Übrigens,
der allererste Tag (mit Flug!J!) ist jetzt im Blog erhältlich. Wir haben es endlich
geschafft diesen fertig zu stellen, war gar nicht so einfach, das nebenbei noch
zu machen, es kam immer etwas dazwischen.
Dieser Donnerstag
war, auf Wunsch der Damenwelt, etwas entspannter. So folgte nach dem Frühstück
ein Sonnenbad am campeigenen Pool mit Karten schreiben und lesen. Die Ruhe
hielt bis zum Mittag, als von den Herren der Vorschlag kam, man müsse doch
heute noch was machen. Also aus der Poolgaderobe ab in die Wandersachen und den
Eingang zum Park suchen, über den von seinem Namensgeber, dem ersten und
einzigen Siedler und Mormonen, Ebeneezer Bryce, 1880 gesagt wurde: „Ein
verdammter Platz, eine Kuh zu verlieren!“. Da wir bisher nicht kontrolliert
worden waren bezüglich Annual Pass etc., nahmen wir an, dass uns das noch bevor
stand. Richtig, wir fanden den Parkeingang vorbei an der „Bryce City“ und
bekamen eine aussagekräftige Karte. Ersteinmal ins Visitor Center, in dem es
von Touristen nur so wimmelte. Hier konnte man einen Präriehund adoptieren, im
Museum ein Stachelschwein betrachten, auf einem Holzpferd sitzen...

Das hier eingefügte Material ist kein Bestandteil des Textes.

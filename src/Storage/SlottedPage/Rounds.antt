-- ===== src/Storage/SlottedPage/Rounds.antt =====
-- The rounds of `compact`: each slot in turn.
use mo_db.Prelude.{
  ℕ, zero, suc, ◌+◌, ◌-◌, ◌%◌, ◌^◌, ◌≤◌, ◌<◌, ◌≡◌, ◌≢◌, inl, inr, refl, sym, ap, ◌∙◌, arith, List,
  length, ◌==◌, ==_iff, ==_ne, Bool-cases, zero-cases,
}
use mathlib.Core.Path.{subst}
use mo_db.Storage.SlottedPage.{
  Page, subspan, copy, slot_offset, record_offset, record_size, record_capacity, slot_generation,
  write_slot, slot_count, free_end, live_capacity, sub_size, compact_slot, compact_loop,
}
use mo_db.Storage.SlottedPage.Bytes.{
  copy-outside, copy-IsBytePage, subspan-copy, subspan-cong, subspan-IsBytes, length-subspan,
  read_u16-lt,
}
use mo_db.Storage.SlottedPage.Slots.{
  IsEntry, IsSlot, IsPage, write_slot-outside, write_slot-IsBytePage, write_slot-IsEntry,
  entry-cong,
}
use mo_db.Storage.SlottedPage.Moved.{IsCopied, IsMoved, IsStep, room, step-IsMoved, last_cases}

module _ (source : Page) (w : IsPage source) (n : ℕ) (small : n < slot_count source) (p : Page)
    (d : ℕ) (h : IsMoved source n p d) where
  abbrev size : ℕ
  size = record_size source n

  abbrev capacity : ℕ
  capacity = record_capacity source n

  entry_there : IsEntry p n (record_offset source n) size capacity (slot_generation source n)
  entry_there = entry-cong p source n (λ i lo hi. h.later n i (omega arith) small lo hi)

  -- A free slot is passed over.
  free-IsMoved : size ≡ 0 → IsMoved source (suc n) p d
  unfolding live_capacity
  free-IsMoved z =
      let e = entry_there in
      let (o, c) = (w.slot n small).free z in
      let passed : IsCopied source p d n = record {
        size = e.size;
        capacity = e.capacity;
        generation = e.generation;
        free = λ _. e.offset ∙ o;
        low = λ u. absurd (u z);
        high = omega (arith, e.offset, o, c);
        content = rw c (unfold subspan in refl);
      } in
      record {
        destination = rw ((==_iff size 0).1 z) h.destination;
        bytes = h.bytes;
        header = h.header;
        unread = h.unread;
        later = λ j i b. h.later j i (omega arith);
        copied = λ j b. elim (last_cases j n b) [
          | inl q ↦ subst (IsCopied source p d) (sym q) passed
          | inr c' ↦ h.copied j c'
        ];
        apart = λ i j b c' u v. elim (last_cases j n c') [
          | inl q ↦ absurd (v (ap (record_size source) q ∙ z))
          | inr e' ↦ h.apart i j b e' u v
        ];
      }

  module _ (live : size ≢ 0) where
    roomy : free_end source + capacity ≤ d
    roomy = room source w n small p d h live

    -- A record that stands where it belongs.
    stays-IsStep :
        (d' : ℕ) → d' + capacity ≡ d → record_offset source n ≡ d' → IsStep source n p d p d'
    stays-IsStep d' m e = record {
      moved = m;
      bytes = h.bytes;
      same = λ i a b. refl;
      entry = rw e at entry_there;
      content = rw e (
          subspan-cong p source d' capacity
            (λ i lo hi. h.unread i (omega (arith, roomy, m, w.low)) (omega (arith, m))));
    }

    -- A record that is copied down.
    moves-IsStep :
        (d' : ℕ)
        → d' + capacity ≡ d
        → IsStep source n p d
            (write_slot n d' size capacity
              (slot_generation source n)
              (copy (subspan source (record_offset source n) capacity) d' p))
            d'
    moves-IsStep d' m =
        let record_bytes : List ℕ = subspan source (record_offset source n) capacity in
        let sized : length record_bytes ≡ capacity =
          length-subspan source (record_offset source n) capacity in
        let written : Page = copy record_bytes d' p in
        let bounds : IsSlot source (free_end source) n = w.slot n small in
        record {
          moved = m;
          bytes = write_slot-IsBytePage n d' size capacity (slot_generation source n) written (
              copy-IsBytePage record_bytes d' p
                (subspan-IsBytes source (record_offset source n) capacity w.bytes) h.bytes);
          same = λ i a b.
              write_slot-outside n d' size capacity (slot_generation source n) written i b
              ∙ copy-outside record_bytes d' p i (rw sized a);
          entry =
              write_slot-IsEntry n d' size capacity (slot_generation source n) written
                (omega (arith, m, h.destination)) (omega (arith, bounds.fits, bounds.high))
                (omega (arith, bounds.high))
                (unfold slot_generation in read_u16-lt source (slot_offset n + 6) w.bytes);
          content =
              subspan-cong (write_slot n d' size capacity (slot_generation source n) written)
                written d' capacity
                (λ i lo hi.
                  write_slot-outside n d' size capacity (slot_generation source n) written i
                    (inr (omega (arith, roomy, m, w.low, w.directory))))
              ∙ rw sized at (subspan-copy record_bytes d' p);
        }

    compact_slot-IsMoved :
        IsMoved source (suc n) (compact_slot source n (p, d)).0 (compact_slot source n (p, d)).1
    unfolding compact_slot
    compact_slot-IsMoved =
        let d' : ℕ = d - capacity in
        let sub : sub_size d capacity ≡ d' = omega (arith, roomy, h.destination) in
        let m : d' + capacity ≡ d = omega (arith, roomy) in
        let cut : d' % 2 ^ 16 ≡ d' = omega (arith, h.destination) in
        elim (Bool-cases (record_offset source n == d')) [
          | inl here ↦
              rw (sub, ==_ne size 0 live, here)
                (step-IsMoved source w n small p d h live p d'
                  (stays-IsStep d' m ((==_iff (record_offset source n) d').0 here)))
          | inr away ↦
              rw (sub, ==_ne size 0 live, away, cut)
                (step-IsMoved source w n small p d h live
                  (write_slot n d' size capacity (slot_generation source n)
                    (copy (subspan source (record_offset source n) capacity) d' p))
                  d' (moves-IsStep d' m))
        ]

  round-IsMoved :
      IsMoved source (suc n) (compact_slot source n (p, d)).0 (compact_slot source n (p, d)).1
  unfolding compact_slot
  round-IsMoved = elim (zero-cases size) [
    | inr live ↦ compact_slot-IsMoved live
    | inl z ↦ rw ((==_iff size 0).1 z) (free-IsMoved z)
  ]

pub loop-IsMoved :
    (source : Page) (n : ℕ)
    → IsPage source
    → n ≤ slot_count source
    → IsMoved source n (compact_loop source n).0 (compact_loop source n).1
unfolding compact_loop live_capacity
loop-IsMoved source zero w b = record {
  destination = refl;
  bytes = w.bytes;
  header = λ i c. refl;
  unread = λ i lo hi. refl;
  later = λ j i c e lo hi. refl;
  copied = λ j c. absurd (omega arith);
  apart = λ i j c e u v. absurd (omega arith);
}
loop-IsMoved source (suc n) w b =
    round-IsMoved source w n (omega arith) (compact_loop source n).0 (compact_loop source n).1
      (loop-IsMoved source n w (omega arith))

Aufkleber, Postkarten und anderes
erwerben (was wir auch taten J!) und den örtlichen Rangern ein Ohr abkauen. Dies
taten auch die meisten Touristen und wir schlossen uns dem an, um Informationen
darüber zu bekommen, wo man das RV stehen lassen konnte, um mit dem kostenlosen
Shuttlebus fahren zu können und ob man am nächsten Tag schon zum Sunrise in den
Park kamen. Dafür bekamen wir noch einen sehr effektiven Typ: Wir sollten nicht
zum dafür ausgewiesenem Sunrise – Point fahren, sondern zum Bryce Point, von wo
aus man den besten Überblick über das „Bryce Amphitheater“ haben sollte. Gesagt
getan, Papa und Hannes stellten das Auto auf dem vorgesehenen Parkplatz ab,
während Mama und Jule die Shuttlebushaltestelle suchten. Dabei kamen wir an dem
Rangerprogramm – Timetable vorbei, auf dem ein für diesen Abend ausgewiesener
Vortrag über Aliens verzeichnet warJ! Wenig später stiegen wir zu unserer
Busfahrerin April in den Shuttlebus und ließen uns von ihr zu den „View –
Points“ kutschieren, wobei sie uns einiges erklärte und sogar für die Antilopen
anhielt. Zuerst stiegen wir am empfohlenen Inspiration Point aus, wo wir auf
unsere unfreundlichen deutschen Nachbarn vom Campground trafen und auf nette
deutsche Leute. Mit diesen war ein Herr und seine Tochter / Freundin (?)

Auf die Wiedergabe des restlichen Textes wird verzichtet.